Stagecoach Grimsby operate the weekday hourly 250 service from Grimsby, via Laceby, Keelby, Barton upon Humber and the Humber Bridge to Hull. The 'TwoFifty' brand was launched in 2023, to replace the 'HumberFlyer' brand which had been used because the service previously served Humberside Airport.

Stagecoach launched service X1, branded as 'Humber Flyer', between Grimsby, Humberside Airport, and Hull in 2003 to partially replace service 909 that had connected Hull and Grimsby with Scunthorpe, Doncaster and Sheffield. Between 2005 and 2006, the service faced the threat of being axed due to cost issues connected to the toll payments for crossing the Humber Bridge. In Spring 2007, the service was diverted via Keelby and Laceby, and extended via Cleethorpes to New Waltham (replacing the service 12). The April 2009 the route number was changed from X1 to Humber Flyer, with a route change east of Grimsby Town Centre. The service operated via Weelsby Road and Cleethorpes Seafront, to terminate at Pleasure Island Theme Park. In April 2010, the service was diverted to serve Barton-upon-Humber, and was curtailed to terminate at Cleethorpes Pier.

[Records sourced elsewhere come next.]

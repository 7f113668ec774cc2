-- ===== src/Events/Histories/Loops.antt =====
-- crates/machineemu/src/api/events.rs: the loop of `publish` over the records of an instance, and 64-bit
-- sums.
use machineemu.Prelude.{
  ℕ, ◌+◌, ◌-◌, ◌≤◌, ◌<◌, ◌≡◌, refl, ap, ◌||◌, some, List, [], ◌∷◌, ◌++◌, length, ltb, le→ltb, inl,
  inr, Bool-cases, arith,
}
use machineemu.Events.Cursors.{u64_mod}
use machineemu.Events.Histories.{
  EventRecord, size, add_u64, sub_u64, trim, history_events, instance_history_bytes,
}

pub add_u64_lem : (a b : ℕ) → a + b < u64_mod → add_u64 a b ≡ a + b
add_u64_lem a b h = omega arith

pub sub_u64_lem : (a b : ℕ) → b ≤ a → a < u64_mod → sub_u64 a b ≡ a - b
sub_u64_lem a b h l = omega arith

-- The bytes that records take up.
abbrev pub total_size : List EventRecord → ℕ
total_size [] = 0
total_size (r ∷ records) = size r + total_size records

pub total_size-append :
    (xs ys : List EventRecord) → total_size (xs ++ ys) ≡ total_size xs + total_size ys
total_size-append [] ys = omega arith
total_size-append (x ∷ xs) ys = omega (arith, total_size-append xs ys)

-- What the first loop leaves: the last of the records, within both bounds, and the counts without
-- the others.
pub record Trimmed (records : List EventRecord) (bytes total : ℕ) : Type 0 where
  pub dropped : List EventRecord
  pub kept : List EventRecord
  pub kept_bytes : ℕ
  pub left : ℕ
  pub ran : trim records bytes total ≡ some (kept, kept_bytes, left)
  pub parts : records ≡ dropped ++ kept
  pub counted : kept_bytes ≡ total_size kept
  pub rest : left + bytes ≡ total + kept_bytes
  pub few : length kept ≤ history_events
  pub bytes_le : kept_bytes ≤ instance_history_bytes

pub trim_lem :
    (records : List EventRecord) (bytes total : ℕ)
    → bytes ≡ total_size records
    → bytes ≤ total
    → total < u64_mod
    → Trimmed records bytes total
unfolding trim
trim_lem [] bytes total c le lt = record {
  dropped = [];
  kept = [];
  kept_bytes = bytes;
  left = total;
  ran = rw (le→ltb instance_history_bytes bytes (omega (arith, c))) refl;
  parts = refl;
  counted = c;
  rest = omega arith;
  few = omega arith;
  bytes_le = omega (arith, c);
}
trim_lem (r ∷ records) bytes total c le lt =
    elim (Bool-cases
      (ltb history_events (length (r ∷ records)) || ltb instance_history_bytes bytes)) [
        | inr within ↦ record {
          dropped = [];
          kept = r ∷ records;
          kept_bytes = bytes;
          left = total;
          ran = rw within refl;
          parts = refl;
          counted = c;
          rest = refl;
          few = ground arith;
          bytes_le = ground arith;
        }
        | inl over ↦
            let b : sub_u64 bytes (size r) ≡ bytes - size r =
              sub_u64_lem bytes (size r) (omega (arith, c)) (omega arith) in
            let t : sub_u64 total (size r) ≡ total - size r =
              sub_u64_lem total (size r) (omega (arith, c)) lt in
            let next =
              trim_lem records (sub_u64 bytes (size r)) (sub_u64 total (size r))
                (omega (arith, b, c)) (omega (arith, b, t, c)) (omega (arith, t)) in
            record {
              dropped = r ∷ next.dropped;
              kept = next.kept;
              kept_bytes = next.kept_bytes;
              left = next.left;
              ran = rw over next.ran;
              parts = ap (λ l. r ∷ l) next.parts;
              counted = next.counted;
              rest = omega (arith, next.rest, b, t, c);
              few = next.few;
              bytes_le = next.bytes_le;
            }
      ]
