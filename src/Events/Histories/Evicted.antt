-- ===== src/Events/Histories/Evicted.antt =====
-- crates/machineemu/src/api/events.rs: the invariant of a history, and the oldest record of all.
use machineemu.Prelude.{
  ℕ, suc, ◌≤◌, ◌≡◌, refl, sym, ap, subst, ◌∙◌, Option, none, some, List, [], ◌∷◌, ◌++◌, length, leb,
  ◌⊎◌, inl, inr, All, Bool-cases, Option-cases, append_assoc, arith,
}
use machineemu.Events.Cursors.{same_text}
use machineemu.Events.Histories.{
  EventRecord, History, Entry, history_events, instance_history_bytes, instance_subscribers, lookup,
  sum, oldest,
}
use machineemu.Events.Histories.Entries.{Unique, same_text_refl, same_text-equal}
use machineemu.Events.Histories.Loops.{total_size}

-- The records are numbered one by one, from the number after `before` to `latest`.
abbrev pub Follow : ℕ → List EventRecord → ℕ → Type 0
Follow before [] latest = before ≡ latest
Follow before (r ∷ records) latest = (r.sequence ≡ suc before) × Follow r.sequence records latest

pub Follow-le :
    (before : ℕ) (records : List EventRecord) (latest : ℕ)
    → Follow before records latest
    → before ≤ latest
Follow-le before [] latest h = omega (arith, h)
Follow-le before (r ∷ records) latest h =
    omega (arith, h.0, Follow-le r.sequence records latest h.1)

-- A part at the end is numbered one by one as well.
pub Follow-drop :
    (before : ℕ) (dropped kept : List EventRecord) (latest : ℕ)
    → Follow before (dropped ++ kept) latest
    → (b : ℕ) × Follow b kept latest
Follow-drop before [] kept latest h = (before, h)
Follow-drop before (r ∷ dropped) kept latest h = Follow-drop r.sequence dropped kept latest h.1

pub records-cases :
    (l : List EventRecord)
    → (l ≡ []) ⊎ ((r : EventRecord) × (rest : List EventRecord) × (l ≡ r ∷ rest))
records-cases [] = inl refl
records-cases (r ∷ rest) = inr (r, rest, refl)

pub value : {A : Type 0} {a b : A} → ◌≡◌ {A = Option A} (some a) (some b) → a ≡ b
value h = cc h

pub named :
    {m n : List ℕ} {i j : ℕ} → ◌≡◌ {A = Option (List ℕ × ℕ)} (some (m, i)) (some (n, j)) → m ≡ n
named h = ap (λ p. p.0) (value h)

module _ {Sender : Type 0} where
  -- A history within its bounds, with what it counts; `bound` is the number of events so far.
  pub record IsHistory (bound : ℕ) (h : History Sender) : Type 0 where
    pub counted : h.bytes ≡ total_size h.records
    pub bytes_le : h.bytes ≤ instance_history_bytes
    pub few : length h.records ≤ history_events
    pub before : ℕ
    pub contiguous : Follow before h.records h.next_sequence
    pub sequence_le : h.next_sequence ≤ bound
    pub subscribers_le : length h.subscribers ≤ instance_subscribers
    pub ordered : All (λ r. r.order ≤ bound) h.records

  -- What is left of a history whose oldest records were dropped.
  pub record Shrunk (h h' : History Sender) : Type 0 where
    pub dropped : List EventRecord
    pub parts : h.records ≡ dropped ++ h'.records
    pub same_sequence : h'.next_sequence ≡ h.next_sequence
    pub same_subscribers : h'.subscribers ≡ h.subscribers

  pub Shrunk-refl : (h : History Sender) → Shrunk h h
  Shrunk-refl h = record {
    dropped = [];
    parts = refl;
    same_sequence = refl;
    same_subscribers = refl;
  }

  pub Shrunk-trans : (h i j : History Sender) → Shrunk h i → Shrunk i j → Shrunk h j
  Shrunk-trans h i j s t = record {
    dropped = s.dropped ++ t.dropped;
    parts =
        s.parts
        ∙ ap (λ l. s.dropped ++ l) t.parts
        ∙ sym (append_assoc s.dropped t.dropped j.records);
    same_sequence = t.same_sequence ∙ s.same_sequence;
    same_subscribers = t.same_subscribers ∙ s.same_subscribers;
  }

  pub record Found (name : List ℕ) (entries : List (Entry Sender)) : Type 0 where
    pub history : History Sender
    pub first : EventRecord
    pub later : List EventRecord
    pub found : lookup name entries ≡ some history
    pub starts : history.records ≡ first ∷ later

  Found-first :
      (e : Entry Sender) (entries : List (Entry Sender)) (r : EventRecord) (rest : List EventRecord)
      → e.history.records ≡ r ∷ rest
      → Found e.name (e ∷ entries)
  unfolding lookup
  Found-first e entries r rest starts = record {
    history = e.history;
    first = r;
    later = rest;
    found = rw (same_text_refl e.name) refl;
    starts = starts;
  }

  Found-later :
      (name : List ℕ) (e : Entry Sender) (entries : List (Entry Sender))
      → lookup e.name entries ≡ none
      → Found name entries
      → Found name (e ∷ entries)
  unfolding lookup
  Found-later name e entries fresh f = record {
    history = f.history;
    first = f.first;
    later = f.later;
    found = elim (Bool-cases (same_text e.name name)) [
      | inr other ↦ rw other f.found
      | inl same ↦ absurd (
          let equal : e.name ≡ name = same_text-equal e.name name same in
          let missing : lookup name entries ≡ none =
            subst (λ n. lookup n entries ≡ none) equal fresh in
          cc (missing, f.found))
    ];
    starts = f.starts;
  }

  -- The oldest record is the first of the history that it names.
  pub oldest-Found :
      (entries : List (Entry Sender)) (name : List ℕ) (order : ℕ)
      → Unique entries
      → oldest entries ≡ some (name, order)
      → Found name entries
  unfolding oldest
  oldest-Found [] name order u h = cc h
  oldest-Found (e ∷ entries) name order u h = elim (records-cases e.history.records) [
    | inl nil ↦
        let rest : oldest entries ≡ some (name, order) = (let shown = rw nil at h in shown) in
        Found-later name e entries u.0 (oldest-Found entries name order u.1 rest)
    | inr (r, more, starts) ↦ elim (Option-cases (oldest entries)) [
      | inl missing ↦
          let this : e.name ≡ name = (let shown = rw (starts, missing) at h in named shown) in
          subst (λ n. Found n (e ∷ entries)) this (Found-first e entries r more starts)
      | inr (o, present) ↦ elim (Bool-cases (leb r.order o.1)) [
        | inl here ↦
            let this : e.name ≡ name =
              (let shown = rw (starts, present, here) at h in named shown) in
            subst (λ n. Found n (e ∷ entries)) this (Found-first e entries r more starts)
        | inr there ↦
            let rest : o ≡ (name, order) =
              (let shown = rw (starts, present, there) at h in value shown) in
            Found-later name e entries u.0
              (oldest-Found entries name order u.1 (present ∙ ap some rest))
      ]
    ]
  ]

  -- Without an oldest record there are none.
  pub oldest-none :
      (bound : ℕ) (entries : List (Entry Sender))
      → All (λ e. IsHistory bound e.history) entries
      → oldest entries ≡ none
      → sum (λ h. h.bytes) entries ≡ 0
  unfolding oldest sum
  oldest-none bound [] all h = refl
  oldest-none bound (e ∷ entries) all h = elim (records-cases e.history.records) [
    | inl nil ↦
        let rest : oldest entries ≡ none = (let shown = rw nil at h in shown) in
        let none_here : total_size e.history.records ≡ 0 = rw nil refl in
        omega (arith, all.0.counted, none_here, oldest-none bound entries all.1 rest)
    | inr (r, more, starts) ↦ absurd (elim (Option-cases (oldest entries)) [
      | inl missing ↦ let shown = rw (starts, missing) at h in cc shown
      | inr (o, present) ↦ let shown = rw (starts, present) at h in cc shown
    ])
  ]
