-- ===== src/Events/Kept.antt =====
-- crates/machineemu/src/api/events.rs: what holds of the hub between calls, and of a history that
-- gets a record.
use machineemu.Prelude.{
  ℕ, zero, suc, ◌+◌, ◌/◌, ◌%◌, ◌≤◌, ◌<◌, ◌≡◌, refl, sym, ap, ◌∙◌, String, Option, none, some, List,
  [], ◌∷◌, ◌++◌, length, length-append, ltb, inl, inr, All, Bool-cases, arith,
}
use machineemu.Events.Cursors.{u64_mod, digits, event_id}
use machineemu.Events.Histories.{
  EventRecord, size, History, Entry, EventHub, add_u64, max_event_bytes, global_history_bytes,
  global_subscribers, lookup, or_default, sum, retain, retain_one, default_history,
}
use machineemu.Events.Histories.Entries.{Unique, All-lookup, sum-put}
use machineemu.Events.Histories.Loops.{add_u64_lem}
use machineemu.Events.Histories.Evicted.{Follow, IsHistory}
use machineemu.Events.{new_record}

length-digits : (places n : ℕ) → length (digits places n) ≤ places
unfolding digits
length-digits zero n = omega arith
length-digits (suc places) n = elim (Bool-cases (ltb n 10)) [
  | inl small ↦ rw small (omega arith)
  | inr large ↦ rw large (
      omega (
        arith,
        length-append {0} (digits places (n / 10)) ((b'0' + n % 10) ∷ []),
        length-digits places (n / 10),
      ))
]

length-event_id :
    (instance_id generation : List ℕ) (sequence : ℕ)
    → length (event_id instance_id generation sequence)
      ≤ length instance_id + length generation + 22
unfolding event_id
length-event_id instance_id generation sequence = omega (
  arith,
  length-append {0} instance_id (b':' ∷ (generation ++ (b':' ∷ digits 20 sequence))),
  length-append {0} generation (b':' ∷ digits 20 sequence),
  length-digits 20 sequence,
)

pub Follow-append :
    (before : ℕ) (records : List EventRecord) (latest : ℕ) (r : EventRecord)
    → Follow before records latest
    → r.sequence ≡ suc latest
    → Follow before (records ++ r ∷ []) r.sequence
Follow-append before [] latest r f next = (next ∙ ap suc (sym f), refl)
Follow-append before (s ∷ records) latest r f next =
    (f.0, Follow-append s.sequence records latest r f.1 next)

pub orders-le :
    (low high : ℕ) (records : List EventRecord)
    → low ≤ high
    → All (λ r. r.order ≤ low) records
    → All (λ r. r.order ≤ high) records
orders-le low high [] le all = tt
orders-le low high (r ∷ records) le all =
    (omega (arith, all.0), orders-le low high records le all.1)

module _ {Sender : Type 0} where
  -- Between calls. The counts agree with the records, and everything is within its bound.
  pub record IsHub (hub : EventHub Sender) : Type 0 where
    pub generation_length : length hub.generation ≡ 32
    pub unique : Unique hub.histories
    pub each : All (λ e. IsHistory hub.next_order e.history) hub.histories
    pub counted : hub.bytes ≡ sum (λ h. h.bytes) hub.histories
    pub within : hub.bytes ≤ global_history_bytes
    pub subscribers_le : sum (λ h. length h.subscribers) hub.histories ≤ global_subscribers

  pub IsHistory-mono :
      (low high : ℕ) (h : History Sender) → low ≤ high → IsHistory low h → IsHistory high h
  IsHistory-mono low high h le v = record {
    counted = v.counted;
    bytes_le = v.bytes_le;
    few = v.few;
    before = v.before;
    contiguous = v.contiguous;
    sequence_le = omega (arith, v.sequence_le);
    subscribers_le = v.subscribers_le;
    ordered = orders-le low high h.records le v.ordered;
  }

  pub All-mono :
      (low high : ℕ) (entries : List (Entry Sender))
      → low ≤ high
      → All (λ e. IsHistory low e.history) entries
      → All (λ e. IsHistory high e.history) entries
  All-mono low high [] le all = tt
  All-mono low high (e ∷ entries) le all =
      (IsHistory-mono low high e.history le all.0, All-mono low high entries le all.1)

  pub default-IsHistory : (bound : ℕ) → IsHistory bound (default_history {Sender = Sender})
  default-IsHistory bound = record {
    counted = refl;
    bytes_le = omega arith;
    few = omega arith;
    before = 0;
    contiguous = refl;
    sequence_le = omega arith;
    subscribers_le = omega arith;
    ordered = tt;
  }

  -- The history of an instance, empty before its first event.
  abbrev pub history_of : EventHub Sender → List ℕ → History Sender
  history_of hub instance_id = or_default (lookup instance_id hub.histories)

  pub history_of-IsHistory :
      (hub : EventHub Sender) (instance_id : List ℕ)
      → IsHub hub
      → IsHistory hub.next_order (history_of hub instance_id)
  history_of-IsHistory hub instance_id v =
      All-lookup (IsHistory hub.next_order) instance_id hub.histories
        (default-IsHistory hub.next_order) v.each

  pub history_bytes :
      (hub : EventHub Sender) (instance_id : List ℕ)
      → IsHub hub
      → (history_of hub instance_id).bytes ≤ hub.bytes
  history_bytes hub instance_id v =
      omega
        (arith, sum-put (λ h. h.bytes) instance_id default_history hub.histories refl, v.counted)

  retain_one-le :
      (n : ℕ) (sent : Option Sender) (rest : List (ℕ × Sender))
      → length (retain_one n sent rest) ≤ suc (length rest)
  retain_one-le n none rest = omega arith
  retain_one-le n (some s) rest = omega arith

  pub retain-le :
      (send : Sender → Option Sender) (subscribers : List (ℕ × Sender))
      → length (retain send subscribers) ≤ length subscribers
  unfolding retain
  retain-le send [] = omega arith
  retain-le send ((n, s) ∷ subscribers) =
      omega (arith, retain_one-le n (send s) (retain send subscribers), retain-le send subscribers)

  -- A new record is small, numbered after the latest, and later than all others.
  pub record IsNew (hub : EventHub Sender) (instance_id : List ℕ) (r : EventRecord) : Type 0 where
    pub small : size r ≤ 20000
    pub numbered : r.sequence ≡ suc (history_of hub instance_id).next_sequence
    pub ordered : r.order ≡ suc hub.next_order

  pub new_record-IsNew :
      (hub : EventHub Sender) (instance_id : List ℕ) (kind : String) (text : List ℕ)
      → IsHub hub
      → length instance_id ≤ 64
      → suc hub.next_order < u64_mod
      → length text ≤ max_event_bytes
      → IsNew hub instance_id (new_record hub instance_id kind text)
  unfolding new_record
  new_record-IsNew hub instance_id kind text v short room fits =
      let old = history_of-IsHistory hub instance_id v in
      let h = history_of hub instance_id in
      record {
        small = omega (
          arith,
          length-event_id instance_id hub.generation (add_u64 h.next_sequence 1),
          v.generation_length,
        );
        numbered = omega (arith, add_u64_lem h.next_sequence 1 (omega (arith, old.sequence_le)));
        ordered = omega (arith, add_u64_lem hub.next_order 1 (omega arith));
      }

Dedicated branded vehicles were introduced to the route in February 2015, with four Alexander Dennis Enviro300s gaining a blue-based 'Humber Flyer' livery.

In September 2020, the 250 was rerouted to no longer serve Humberside Airport, instead serving the villages of Barrow upon Humber, Thornton Curtis, Wootton and Ulceby.

In May 2023 the route was shortened to only service Grimsby and Hull via the Humber Bridge, removing the Cleethorpes section of the route. In June, the service was rebranded to 'TwoFifty', coinciding with the introduction of four blue-branded Alexander Dennis Enviro200 MMCs on the service to replace the existing Enviro300s.

===Phone 'n' Ride===
Stagecoach Grimsby-Cleethorpes are contracted by North East Lincolnshire Council to run the 'Phone 'n' Ride' demand-responsive transport service. First established by the council in 2005, this is currently operated with a fleet of Mercedes-Benz Sprinter minibuses, which operate around Grimsby, Cleethorpes and surrounding areas.